Nestes casos é muito linear, mas na maioria dos casos, é na verdade, mais difícil de identificar uma dieta que ajude toda a gente. Naturalmente, alguns conselhos gerais como diminuir o teor de gordura, principalmente de gorduras saturadas, ou aumentar o consumo de fibras e proteínas não animais, beneficiam todos nós – com e sem dispepsia! – mas notamos que, tal como o que acontece no refluxo, alguns alimentos podem desencadear sintomas – tal como os citrinos, o álcool, alguns alimentos com casca como cebolas, pimentos, lentilhas  – mas na verdade a melhor avaliação é feita pela pessoa que sofre dos sintomas, que muitas vezes reconhece alimentos “proibidos” 

Recentemente, uma dieta chamada FODMAPS, pobre em hidratos de carbono fermentáveis, oligossacáridos,  dissacáridos, oligossacáridos, monossacáridos e poliois, já muito estudada no contexto de síndrome do intestino irritável, tem sido usada com algum sucesso em doentes com dispepsia.

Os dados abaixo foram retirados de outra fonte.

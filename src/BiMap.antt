-- ===== src/BiMap.antt =====
-- `BiMap` of main/include/BridgeUtils.h: Matter ids on the left, LwM2M ids on the right.
pub mod Inverse
pub mod Load
pub mod Pairs
pub mod Unordered
use matter_lwm2m_bridge.Base.{
  ℤ, ℤ_discrete, minus_one, Bool, true, false, ◌||◌, List, [], ◌∷◌, Option, none, some, find, put,
  if◌then◌else◌, ◌≡◌, refl, pos,
}

pub record BiMap : Type 0 where
  pub left_map : List (ℤ × ℤ)
  pub right_map : List (ℤ × ℤ)

abbrev pub empty : BiMap
empty = record { left_map = []; right_map = [] }

-- `map.find(key) != map.end()`
abbrev pub has : ℤ → List (ℤ × ℤ) → Bool
has k m = elim (find ℤ_discrete k m) [ some _ ↦ true | none ↦ false ]

-- A pair of which one id is taken already is refused, and nothing changes.
unfoldable pub insert : ℤ → ℤ → BiMap → BiMap
insert matter_id ipso_id b =
    if has matter_id b.left_map || has ipso_id b.right_map then b else record {
      left_map = put ℤ_discrete matter_id ipso_id b.left_map;
      right_map = put ℤ_discrete ipso_id matter_id b.right_map;
    }

-- The id found, or -1.
abbrev pub found_or_minus_one : Option ℤ → ℤ
found_or_minus_one (some v) = v
found_or_minus_one none = minus_one

unfoldable pub get_ipso_id : ℤ → BiMap → ℤ
get_ipso_id matter_id b = found_or_minus_one (find ℤ_discrete matter_id b.left_map)

unfoldable pub get_matter_id : ℤ → BiMap → ℤ
get_matter_id ipso_id b = found_or_minus_one (find ℤ_discrete ipso_id b.right_map)

test_lookup :
    let b = insert (pos 1) (pos 8) (insert (pos 1) (pos 9) (insert (pos 2) (pos 7) empty)) in
    (get_ipso_id (pos 1) b ≡ pos 9)
    × (get_matter_id (pos 7) b ≡ pos 2)
    × (get_matter_id (pos 8) b ≡ minus_one)
unfolding insert get_ipso_id get_matter_id find put ℤ_discrete
test_lookup = (refl, refl, refl)
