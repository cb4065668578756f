-- ===== src/BiMap/Inverse.antt =====
-- The two maps of a `BiMap` are inverse to one another, whatever is inserted.
use matter_lwm2m_bridge.Base.{
  ℤ, ℤ_discrete, minus_one, true, false, some, find, ◌≡◌, ◌≢◌, ◌↔◌, find-put, arith, Option-cases,
  inl, inr, ◌⊎◌,
}
use matter_lwm2m_bridge.BiMap.{BiMap, empty, has, insert, get_ipso_id, get_matter_id}

-- A Matter id leads to an LwM2M id exactly when that leads back to it.
abbrev pub IsInverse : BiMap → Type 0
IsInverse b =
    (m i : ℤ) → (find ℤ_discrete m b.left_map ≡ some i) ↔ (find ℤ_discrete i b.right_map ≡ some m)

pub empty-IsInverse : IsInverse empty
unfolding find
empty-IsInverse m i = ((λ e. cc), (λ e. cc))

-- Inserting into a `BiMap` keeps its two maps inverse, whether the pair is taken or refused.
pub insert-IsInverse :
    (matter_id ipso_id : ℤ) (b : BiMap) → IsInverse b → IsInverse (insert matter_id ipso_id b)
unfolding insert
insert-IsInverse matter_id ipso_id b h m i = ground (
  arith,
  h m i,
  h m ipso_id,
  h matter_id i,
  find-put ℤ_discrete matter_id m ipso_id b.left_map,
  find-put ℤ_discrete ipso_id i matter_id b.right_map,
)

-- The lookups after an insertion: a pair of which no id is taken is found from both sides and all
-- other ids lead where they led; a pair of which one id is taken changes no lookup.
pub get-insert :
    (matter_id ipso_id m i : ℤ) (b : BiMap)
    → ((has matter_id b.left_map ≡ false)
        → (has ipso_id b.right_map ≡ false)
        → (get_ipso_id matter_id (insert matter_id ipso_id b) ≡ ipso_id)
          × (get_matter_id ipso_id (insert matter_id ipso_id b) ≡ matter_id)
          × (m ≢ matter_id → get_ipso_id m (insert matter_id ipso_id b) ≡ get_ipso_id m b)
          × (i ≢ ipso_id → get_matter_id i (insert matter_id ipso_id b) ≡ get_matter_id i b))
      × ((has matter_id b.left_map ≡ true) ⊎ (has ipso_id b.right_map ≡ true)
          → insert matter_id ipso_id b ≡ b)
unfolding insert get_ipso_id get_matter_id
get-insert matter_id ipso_id m i b = (
  (λ l r. (
    ground (arith, find-put ℤ_discrete matter_id matter_id ipso_id b.left_map),
    ground (arith, find-put ℤ_discrete ipso_id ipso_id matter_id b.right_map),
    (λ n. ground (arith, find-put ℤ_discrete matter_id m ipso_id b.left_map)),
    (λ n. ground (arith, find-put ℤ_discrete ipso_id i matter_id b.right_map)),
  )),
  (λ t. ground arith),
)

-- A Matter id that leads to an LwM2M id other than -1 is found again from that id.
pub get_matter_id-get_ipso_id :
    (b : BiMap) (matter_id : ℤ)
    → IsInverse b
    → get_ipso_id matter_id b ≢ minus_one
    → get_matter_id (get_ipso_id matter_id b) b ≡ matter_id
unfolding get_ipso_id get_matter_id
get_matter_id-get_ipso_id b matter_id h n =
    elim (Option-cases (find ℤ_discrete matter_id b.left_map)) [
      | inl e ↦ absurd (n (rw e))
      | inr (i, e) ↦ rw (e, (h matter_id i).0 e)
    ]

-- With maps that are inverse, an LwM2M id whose Matter id is found (not -1) is the one that this Matter
-- id leads back to.
pub get_ipso_id-get_matter_id :
    (b : BiMap) (ipso_id : ℤ)
    → IsInverse b
    → get_matter_id ipso_id b ≢ minus_one
    → get_ipso_id (get_matter_id ipso_id b) b ≡ ipso_id
unfolding get_ipso_id get_matter_id
get_ipso_id-get_matter_id b ipso_id h n =
    elim (Option-cases (find ℤ_discrete ipso_id b.right_map)) [
      | inl e ↦ absurd (n (rw e))
      | inr (m, e) ↦ rw (e, (h m ipso_id).1 e)
    ]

É uma dieta que exige alguma energia, mas tem a vantagem de ser uma dieta que contempla a re-introdução dos alimentos e permite à pessoa perceber como reage individualmente a cada um deles. 

 

Porque é que nalguns casos os doentes são tratados com um anti-depressivo? 

Tal como o que aconteceu com a aspirina, inicialmente usada para tratar febres, mas que depois passou também a ser usada para tratar ataques cardíacos, aconteceu algo semelhante com algumas classes de anti-depressivo. Percebeu-se que as pessoas tratadas tinham menos dor e este mecanismo parece ser mediado pela redução da activação entre o tubo digestivo e o cérebro. 

Ao diminuir esta activação, os sintomas diminuem num grupo considerável de doentes. 

 

A dispepsia é uma doença crónica? 

Um estudo de Leuven mostrou ao fim de 5 anos de seguimento de 253 doentes, os sintomas desapareceram ou melhoraram em cerca de 17 e 38% (55%), mas que infelizmente, para 45% dos doentes os sintomas não melhoraram ou até pioraram. Por isso, para quase metade dos doentes, trata-se de uma doença crónica, que pode ter momentos de agudização. 

É fundamental que os doentes identifiquem os sintomas, reconheçam padrões, e tenham a capacidade de ser pro-activos na sua gestão.

Educar, consciencializar e tranquilizar é uma parte importante do trabalho do médico neste seguimento.